- Artist
- Willie Doherty born 1959
- Medium
- Video, high definition, projection, colour and sound (stereo)
- Dimensions
- Overall display dimensions variable
- Collection
- Tate
- Acquisition
- Presented by Tate Members 2009
- Reference
- T12957
Summary
Ghost Story 2007 is a fifteen-minute single channel colour video projection with a voiceover that centres on a journey around Derry in Northern Ireland. The main location depicted in the video is a long empty pathway – flanked by woods on either side and a barbed-wire fence on the right – down which the camera slowly travels. At other times the camera moves through a derelict area with lock-up garages, a dark urban underpass and a patch of open wasteland on which a silver car is parked with a man sitting inside it. Interspersed with the footage of these landscapes, which are mostly seen in a murky blue-grey twilight with some brief night-time sequences, are occasional close-ups of eyes (both male and female) that gaze past the camera. Written by the creator of Ghost Story, the Northern Irish artist Willie Doherty, and delivered by the actor Stephen Rea in a dispassionate manner filled with long pauses, the voiceover details personal memories, often concerning murder and violence, that seem to be connected with the landscapes depicted in the video (text reproduced in Fruitmarket Gallery 2009, unpaginated). For instance, the narrator suggests that the trees contain ‘shadow-like figures’ whose terrified faces remind him of a crowd of people he once saw fleeing for safety. This video is shown on a loop in a dark, enclosed space, projected directly onto and completely filling a white wall that is between four and six metres wide, with two speakers playing the voiceover. Tate’s copy of Ghost Story is the artist’s proof, which was produced alongside an edition of three.

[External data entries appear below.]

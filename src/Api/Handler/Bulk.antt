-- ===== src/Api/Handler/Bulk.antt =====
-- internal/api/handler.go, BulkUpload.
use omni_blob.Base.{
  ℕ, Bool, not, Option, none, some, List, [], ◌∷◌, if◌then◌else◌, Text, codes, text_eq, or_else,
  trim_space,
}
use omni_blob.Http.{Request, form_value}
use omni_blob.Storage.{Saved}
use omni_blob.Storage.Layout.{generate_storage_path, generate_sharded_path}
use omni_blob.Entity.{BinaryFile}
use omni_blob.Api.Handler.{World, Handler, Env, Luck, module_or}
use omni_blob.Api.Handler.Upload.{
  Part, UploadReply, refused, created, app_name_of, octet_stream, store_part,
}

-- A file of the form with what happens around it, and whether it can be opened.
pub record BulkPart : Type 0 where
  pub part : Part
  pub luck : Luck
  pub opens : Bool

-- What parsing gives: an error, or the files under "files" and under "file".
pub data BulkForm : Type 0 where
  malformed_form : BulkForm
  parsed_form : List BulkPart → List BulkPart → BulkForm

abbrev pub bulk_parts : List BulkPart → List BulkPart → List BulkPart
bulk_parts [] fallback = fallback
bulk_parts (p ∷ ps) fallback = p ∷ ps

-- One result for each file: the record, or `none` for an error.
pub data BulkReply : Type 0 where
  bulk_refused : ℕ → BulkReply
  processed : List (Option BinaryFile) → BulkReply

unfoldable pub bulk_path : Env → Luck → Text → Text → Text → Text → Text → Text
bulk_path env luck app m directory ref name =
    if text_eq directory (codes "date")
    then generate_sharded_path env.cal luck.now app m directory 0 name luck.now
    else generate_storage_path app m directory ref name

unfoldable pub bulk_row : Env → Request → Option Text → BulkPart → Saved → BinaryFile
unfolding bulk_path
bulk_row env r client p result =
    let m = module_or r.bucket (trim_space (form_value r "module")) in
    let ref = trim_space (form_value r "referensi_id") in
    let directory = trim_space (form_value r "directory") in
    let app = app_name_of client in
    record {
      bin_id = 0;
      referensi_id = ref;
      module_name = m;
      directory = directory;
      file_name = p.part.file_name;
      path = bulk_path env p.luck app m directory ref p.part.file_name;
      size = result.size;
      mime_type = or_else p.part.content_type octet_stream;
      checksum = result.checksum;
      flag = or_else (trim_space (form_value r "flag")) (codes "1");
      create_date = p.luck.now;
      app_name = app;
    }

abbrev pub bulk_result : UploadReply → Option BinaryFile
bulk_result (refused n) = none
bulk_result (created f) = some f

unfoldable pub bulk_one :
    Handler → Env → Request → Option Text → BulkPart → World → World × Option BinaryFile
unfolding bulk_row
bulk_one h env r client p w =
    let stored = store_part h env p.luck (bulk_row env r client p) p.part w in
    if p.opens then (stored.0, bulk_result stored.1) else (w, none)

unfoldable pub bulk_all :
    Handler → Env → Request → Option Text → List BulkPart → World → World × List (Option BinaryFile)
unfolding bulk_one
bulk_all h env r client [] w = (w, [])
bulk_all h env r client (p ∷ ps) w =
    let first = bulk_one h env r client p w in
    let rest = bulk_all h env r client ps first.0 in (rest.0, first.1 ∷ rest.1)

abbrev pub process :
    Handler → Env → Request → Option Text → List BulkPart → World → World × BulkReply
process h env r client [] w = (w, bulk_refused 400)
process h env r client (p ∷ ps) w =
    let all = bulk_all h env r client (p ∷ ps) w in (all.0, processed all.1)

unfoldable pub bulk_upload :
    Handler → Env → Request → Option Text → BulkForm → World → World × BulkReply
unfolding bulk_all
bulk_upload h env r client form w =
    if not (text_eq r.method (codes "POST")) then (w, bulk_refused 405) else elim form [
      | malformed_form ↦ (w, bulk_refused 400)
      | parsed_form files fallback ↦ process h env r client (bulk_parts files fallback) w
    ]
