-- ===== src/Api/Handler/Checks.antt =====
-- internal/api/handler.go, Upload: which files pass the checks.
use omni_blob.Base.{
  ℕ, suc, ◌≡◌, refl, ◌↔◌, ◌⊎◌, inl, inr, Bool, true, false, ◌&&◌, not, Option, none, some, List, [],
  ◌∷◌, arith, leb, if◌then◌else◌, Bool-cases, length, take, Text, codes, text_eq, text_eq_iff,
  contains, contains_text, lookup,
}
use omni_blob.Api.Handler.{Handler, Env}
use omni_blob.Api.Handler.Upload.{
  Part, check_content, check_part, mismatch, expected_mime_prefix, extension_of,
}

-- The bytes that are looked at are of the type that the extension promises, and of no HTML but for
-- ".html".
abbrev pub IsGenuine : Env → Part → Type 0
IsGenuine env part =
    let found = env.detect_content_type (take 512 part.content.bytes) in
    (part.rewinds ≡ true)
    × (mismatch (lookup (extension_of part) expected_mime_prefix) found ≡ false)
    × ((extension_of part ≡ codes ".html") ⊎ (contains found (codes "text/html") ≡ false))

content_test : Bool → Bool → Bool → Bool → Option ℕ
content_test rewinds wrong html script =
    if not rewinds
    then some 500
    else if wrong
    then some 415
    else if not html && script
    then some 415
    else none

content_test-none :
    (rewinds wrong html script : Bool)
    → content_test rewinds wrong html script ≡ none
    → (rewinds ≡ true) × (wrong ≡ false) × ((html ≡ true) ⊎ (script ≡ false))
unfolding content_test
content_test-none true true html script e = absurd (ground arith)
content_test-none true false true script e = (refl, refl, inl refl)
content_test-none true false false true e = absurd (ground arith)
content_test-none true false false false e = (refl, refl, inr refl)
content_test-none false wrong html script e = absurd (ground arith)

none-content_test :
    (wrong html script : Bool)
    → wrong ≡ false
    → (html ≡ true) ⊎ (script ≡ false)
    → content_test true wrong html script ≡ none
unfolding content_test
none-content_test wrong html script w (inl h) = rw (w, h) refl
none-content_test wrong true script w (inr s) = rw w refl
none-content_test wrong false script w (inr s) = rw (w, s) refl

module _ (env : Env) (part : Part) where
  abbrev found : Text
  found = env.detect_content_type (take 512 part.content.bytes)

  abbrev wrong_type : Bool
  wrong_type = mismatch (lookup (extension_of part) expected_mime_prefix) found

  abbrev is_html : Bool
  is_html = text_eq (extension_of part) (codes ".html")

  IsGenuine-of_check : check_content env (extension_of part) part ≡ none → IsGenuine env part
  unfolding check_content content_test
  IsGenuine-of_check e =
      let (again, right, safe) =
        content_test-none part.rewinds wrong_type is_html (contains found (codes "text/html")) e in
      (
        again,
        right,
        elim safe [
          | inl html ↦ inl ((text_eq_iff (extension_of part) (codes ".html")).0 html)
          | inr clear ↦ inr clear
        ],
      )

  check_of_genuine : IsGenuine env part → check_content env (extension_of part) part ≡ none
  unfolding check_content content_test
  check_of_genuine (again, right, safe) = rw again (
      none-content_test wrong_type is_html (contains found (codes "text/html")) right (elim safe [
        | inl html ↦ inl ((text_eq_iff (extension_of part) (codes ".html")).1 html)
        | inr clear ↦ inr clear
      ]))

  check_listed :
      (xs : List Text)
      → ((if leb (length xs) 0
            then none
            else if not (contains_text xs (extension_of part))
            then some 415
            else check_content env (extension_of part) part)
          ≡ none)
        ↔ ((xs ≡ []) ⊎ ((contains_text xs (extension_of part) ≡ true) × IsGenuine env part))
  check_listed [] = (λ e. inl refl, λ e. refl)
  check_listed (x ∷ xs) =
      let some_given : leb (suc (length xs)) 0 ≡ false = ground arith in
      elim (Bool-cases (contains_text (x ∷ xs) (extension_of part))) [
        | inl listed ↦
            rw (some_given, listed)
              (
                λ e. inr (refl, IsGenuine-of_check e),
                λ s. elim s [ inl e ↦ absurd (ground arith) | inr (l, g) ↦ check_of_genuine g ],
              )
        | inr other ↦
            rw (some_given, other)
              (
                λ e. absurd (ground arith),
                λ s. elim s [ inl e ↦ absurd (ground arith) | inr (l, g) ↦ absurd (ground arith) ],
              )
      ]

-- The checks of Upload let a file pass when no extension is configured, or when its extension is
-- one of the configured, the content can be read again, its detected type begins as the extension
-- promises, and it is not HTML under another extension; and they refuse any other.
pub check_part-passes_iff :
    (h : Handler) (env : Env) (part : Part)
    → (check_part h env part ≡ none) ↔ (
        (h.allowed_extensions ≡ [])
        ⊎ ((contains_text h.allowed_extensions (extension_of part) ≡ true) × IsGenuine env part))
unfolding check_part
check_part-passes_iff h env part = check_listed env part h.allowed_extensions
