-- ===== src/Core/Fetch/Attempts.antt =====
-- packages/core/core/pipeline/fetch.py: the history of attempts that a result carries.
use docs_pe.Common.{
  ℕ, zero, suc, ◌+◌, ◌≡◌, ◌≢◌, ◌≤◌, refl, true, false, ◌⊎◌, inl, inr, Option, none, some, List, [],
  ◌∷◌, ◌++◌, leb, length, length-append, arith, Bool-cases,
}
use docs_pe.Core.Doc.{Doc}
use docs_pe.Core.Types.{Status, Row, AttemptOutcome}
use docs_pe.Core.Breaker.{CircuitBreaker}
use docs_pe.Core.Session.{
  Exc, WorkerSession, WorkerState, Closing, Opening, new_session_raised, client_raised,
  ready_raised, opened, ensure_session, open_session, ensure_from,
}
use docs_pe.Core.Policy.{max_attempts, classify_exception}
use docs_pe.Core.Fetch.{
  Reply, Lane, LaneState, Fetched, returned, unbound_session, out_of_fuel, is_not_found, looked,
  checked, try_lookup, answered, failed_attempt, failed_result, answer, conclude, rounds, fetch_one,
}

-- Opening a session never raises RucNotFoundError: `site.ready`, the client and the proxies know no
-- document.
abbrev pub IsReady : Opening → Type 0
IsReady (new_session_raised e) = is_not_found e ≡ false
IsReady (client_raised proxy e) = is_not_found e ≡ false
IsReady (ready_raised proxy e) = is_not_found e ≡ false
IsReady (opened w) = Unit

-- Failed attempts that are numbered one after the other.
abbrev pub IsFailedRun : ℕ → List AttemptOutcome → Type 0
IsFailedRun n [] = Unit
IsFailedRun n (a ∷ xs) = (a.attempt ≡ n) × (a.status ≡ Status.failed) × IsFailedRun (n + 1) xs

pub IsFailedRun-append :
    (n : ℕ) (xs : List AttemptOutcome) (a : AttemptOutcome)
    → IsFailedRun n xs
    → a.attempt ≡ n + length xs
    → a.status ≡ Status.failed
    → IsFailedRun n (xs ++ (a ∷ []))
IsFailedRun-append n [] a run num st = (omega arith, st, tt)
IsFailedRun-append n (b ∷ xs) a run num st =
    (run.0, run.1, IsFailedRun-append (n + 1) xs a run.2 (omega arith) st)

-- A result of a lane's lookup: its attempts are failures numbered from 1 and then the attempt
-- that the result is about, a failed one only after four attempts.
abbrev pub IsComplete : Lane → Doc → Fetched → Type 0
IsComplete l doc (returned r) =
    (failures : List AttemptOutcome) × (last : AttemptOutcome) × (r.attempts
      ≡ failures ++ (last ∷ []))
    × IsFailedRun 1 failures
    × (last.attempt ≡ 1 + length failures)
    × (last.status ≡ r.status)
    × (r.attempt ≡ last.attempt)
    × (r.attempt ≤ max_attempts)
    × (r.status ≡ Status.failed → r.attempt ≡ max_attempts)
    × (r.doc ≡ doc)
    × (r.site ≡ l.site)
IsComplete l doc unbound_session = ⊥
IsComplete l doc out_of_fuel = ⊥

-- What `try_lookup` leaves: an answer of the site needs a session.
abbrev pub IsTried : LaneState → (Exc ⊎ List Row) × LaneState → Type 0
IsTried s (inl e, s') =
    (s'.attempts ≡ s.attempts)
    × (s'.breaker ≡ s.breaker)
    × (is_not_found e ≡ true → (w : WorkerSession) × (s'.session ≡ some w))
IsTried s (inr rows, s') =
    (s'.attempts ≡ s.attempts)
    × (s'.breaker ≡ s.breaker)
    × ((w : WorkerSession) × (s'.session ≡ some w))

abbrev IsOpened : (Exc ⊎ WorkerSession) × WorkerState → Type 0
IsOpened (inl e, s) = is_not_found e ≡ false
IsOpened (inr w, s) = Unit

open_session-IsOpened :
    (c : Closing) (o : Opening) (s : WorkerState) → IsReady o → IsOpened (open_session c o s)
unfolding open_session
open_session-IsOpened c (new_session_raised e) s h = h
open_session-IsOpened c (client_raised p e) s h = h
open_session-IsOpened c (ready_raised p e) s h = h
open_session-IsOpened c (opened w) s h = tt

ensure_session-IsOpened :
    (c : Closing) (o : Opening) (s : WorkerState) → IsReady o → IsOpened (ensure_session c o s)
unfolding ensure_session
ensure_session-IsOpened c o s h = opened_from s.session
  where
    opened_from : (m : Option WorkerSession) → IsOpened (ensure_from c o s m)
    opened_from none = open_session-IsOpened c o s h
    opened_from (some w) = tt

looked-IsTried :
    (l : Lane) (r : Reply) (s : LaneState) (x : (Exc ⊎ WorkerSession) × WorkerState)
    → IsOpened x
    → IsTried s (looked l r s x)
looked-IsTried l r s (inl e, w) h = ground arith
looked-IsTried l r s (inr w, st) h = tried (checked l.allows_empty r.lookup)
  where
    tried : (x : Exc ⊎ List Row) → IsTried s (x, record s { worker = st; session = some w })
    tried (inl e) = (refl, refl, λ t. (w, refl))
    tried (inr rows) = (refl, refl, (w, refl))

try_lookup-IsTried :
    (l : Lane) (r : Reply) (s : LaneState) → IsReady r.opening → IsTried s (try_lookup l r s)
unfolding try_lookup
try_lookup-IsTried l r s h =
    looked-IsTried l r s (ensure_session r.closing r.opening s.worker)
      (ensure_session-IsOpened r.closing r.opening s.worker h)

-- A state before the attempt of a number.
abbrev pub IsBefore : ℕ → LaneState → Type 0
IsBefore attempt s =
    IsFailedRun 1 s.attempts × (attempt ≡ 1 + length s.attempts) × (attempt ≤ max_attempts)

answer-IsComplete :
    (l : Lane) (doc : Doc) (attempt : ℕ) (status : Status) (rows : List Row) (r : Reply)
    (s : LaneState) (w : WorkerSession)
    → IsBefore attempt s
    → status ≢ Status.failed
    → IsComplete l doc (answer l doc attempt status rows r s (some w)).0
unfolding answered
answer-IsComplete l doc attempt status rows r s w b nf = (
  s.attempts,
  record { attempt = attempt; status = status; elapsed_ms = r.elapsed_ms; error_code = [] },
  refl,
  b.0,
  b.1,
  refl,
  refl,
  b.2,
  λ e. absurd (nf e),
  refl,
  refl,
)

IsBefore-same :
    (attempt : ℕ) (s t : LaneState)
    → t.attempts ≡ s.attempts
    → IsBefore attempt s
    → IsBefore attempt t
IsBefore-same attempt s t e b = rw e b

abbrev pub last_attempt : ℕ → Exc → Reply → Lane → AttemptOutcome
last_attempt attempt e r l = record {
  attempt = attempt;
  status = Status.failed;
  elapsed_ms = r.elapsed_ms;
  error_code = (classify_exception e.error_class l.cfg.ban_cooldown_s).error_code;
}

failed_attempt-IsBefore :
    (l : Lane) (attempt : ℕ) (e : Exc) (r : Reply) (s : LaneState)
    → IsBefore attempt s
    → attempt + 1 ≤ max_attempts
    → IsBefore (attempt + 1) (failed_attempt l attempt e r s)
unfolding failed_attempt
failed_attempt-IsBefore l attempt e r s b m =
    let a = last_attempt attempt e r l in
    (
      IsFailedRun-append 1 s.attempts a b.0 b.1 refl,
      omega (arith, b.1, length-append s.attempts (a ∷ [])),
      m,
    )

conclude-IsComplete :
    (l : Lane) (doc : Doc) (attempt : ℕ) (r : Reply) (next : LaneState → Fetched × LaneState)
    (s : LaneState) (x : (Exc ⊎ List Row) × LaneState)
    → IsBefore attempt s
    → IsTried s x
    → ((s' : LaneState) → IsBefore (attempt + 1) s' → IsComplete l doc (next s').0)
    → IsComplete l doc (conclude l doc attempt r next x).0
unfolding failed_attempt failed_result answered
conclude-IsComplete l doc attempt r next s (inr rows, t) b h k = rw h.2.1 (
    answer-IsComplete l doc attempt Status.ok rows r t h.2.0 (IsBefore-same attempt s t h.0 b)
      (ground arith))
conclude-IsComplete l doc attempt r next s (inl e, t) b h k =
    let before = IsBefore-same attempt s t h.0 b in
    let after = failed_attempt l attempt e r t in
    elim (Bool-cases (is_not_found e)) [
      | inl met ↦
          let (w, at) = h.2 met in
          rw (met, at)
            (answer-IsComplete l doc attempt Status.not_found [] r t w before (ground arith))
      | inr other ↦ elim (Bool-cases (leb max_attempts attempt)) [
        | inl last ↦
            rw (other, last)
              (
                t.attempts,
                last_attempt attempt e r l,
                refl,
                before.0,
                before.1,
                refl,
                refl,
                before.2,
                λ f. ground arith,
                refl,
                refl,
              )
        | inr more ↦
            rw (other, more)
              (k after (failed_attempt-IsBefore l attempt e r t before (ground arith)))
      ]
    ]

rounds-IsComplete :
    (fuel : ℕ) (l : Lane) (doc : Doc) (replies : ℕ → Reply) (attempt : ℕ) (s : LaneState)
    → ((n : ℕ) → IsReady (replies n).opening)
    → IsBefore attempt s
    → attempt + fuel ≡ 1 + max_attempts
    → IsComplete l doc (rounds fuel l doc replies attempt s).0
unfolding rounds
rounds-IsComplete zero l doc replies attempt s ready b f = ground arith
rounds-IsComplete (suc fuel) l doc replies attempt s ready b f =
    conclude-IsComplete l doc attempt (replies attempt) (rounds fuel l doc replies (attempt + 1)) s
      (try_lookup l (replies attempt) s) b
      (try_lookup-IsTried l (replies attempt) s (ready attempt))
      (λ s' b'. rounds-IsComplete fuel l doc replies (attempt + 1) s' ready b' (omega (arith, f)))

-- `fetch_one` returns a result for whatever the site, the proxies and the other lanes do, as long
-- as opening a session never raises RucNotFoundError: it carries all its attempts, numbered from
-- 1, of which only the last may be other than failed and has the result's status; at most four,
-- and exactly four when the document failed.
pub fetch_one-IsComplete :
    (l : Lane) (doc : Doc) (replies : ℕ → Reply) (worker : WorkerState) (breaker : CircuitBreaker)
    → ((n : ℕ) → IsReady (replies n).opening)
    → IsComplete l doc (fetch_one l doc replies worker breaker).0
unfolding fetch_one
fetch_one-IsComplete l doc replies worker breaker ready =
    rounds-IsComplete max_attempts l doc replies 1
      (record { worker = worker; breaker = breaker; session = none; attempts = [] }) ready
      (tt, refl, omega arith) refl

The footage for Ghost Story was shot with a high definition digital camera in Derry – where Doherty was born in 1959 and where he continues to live and work – in December 2006, and its main location is a disused railway line that has been converted into a footpath. The work was edited by Doherty in a studio in Belfast in April 2007.
As the title Ghost Story implies, Doherty’s video explores the idea of the past haunting the present. Both the movements of the camera, which may reflect the narrator’s perspective but which are so steady that they do not appear attached to a human body, and the words of the voiceover, which refer to ‘restless creatures whose intentions are often beyond our comprehension’ and figures who ‘inhabit a world somewhere between here and the next’, create a strong sense that spectral forces are at work in the video. The evocation of ghosts in the work can be related to the history of Northern Ireland, especially the violence associated with the Troubles, a period of political conflict that began in the late 1960s and is widely considered to have concluded in the late 1990s. Ghost Story suggests that the landscapes in the video may have once functioned as a stage for traumatic acts, even if little physical evidence of suffering is visible. As the curator Fiona Bradley has written, ‘There is a sense in the film that it is the ground as much as the man who is walking on it that remembers the bloodshed’ (Fiona Bradley, ‘Uncommon Ground’, in Fruitmarket Gallery 2009, p.6).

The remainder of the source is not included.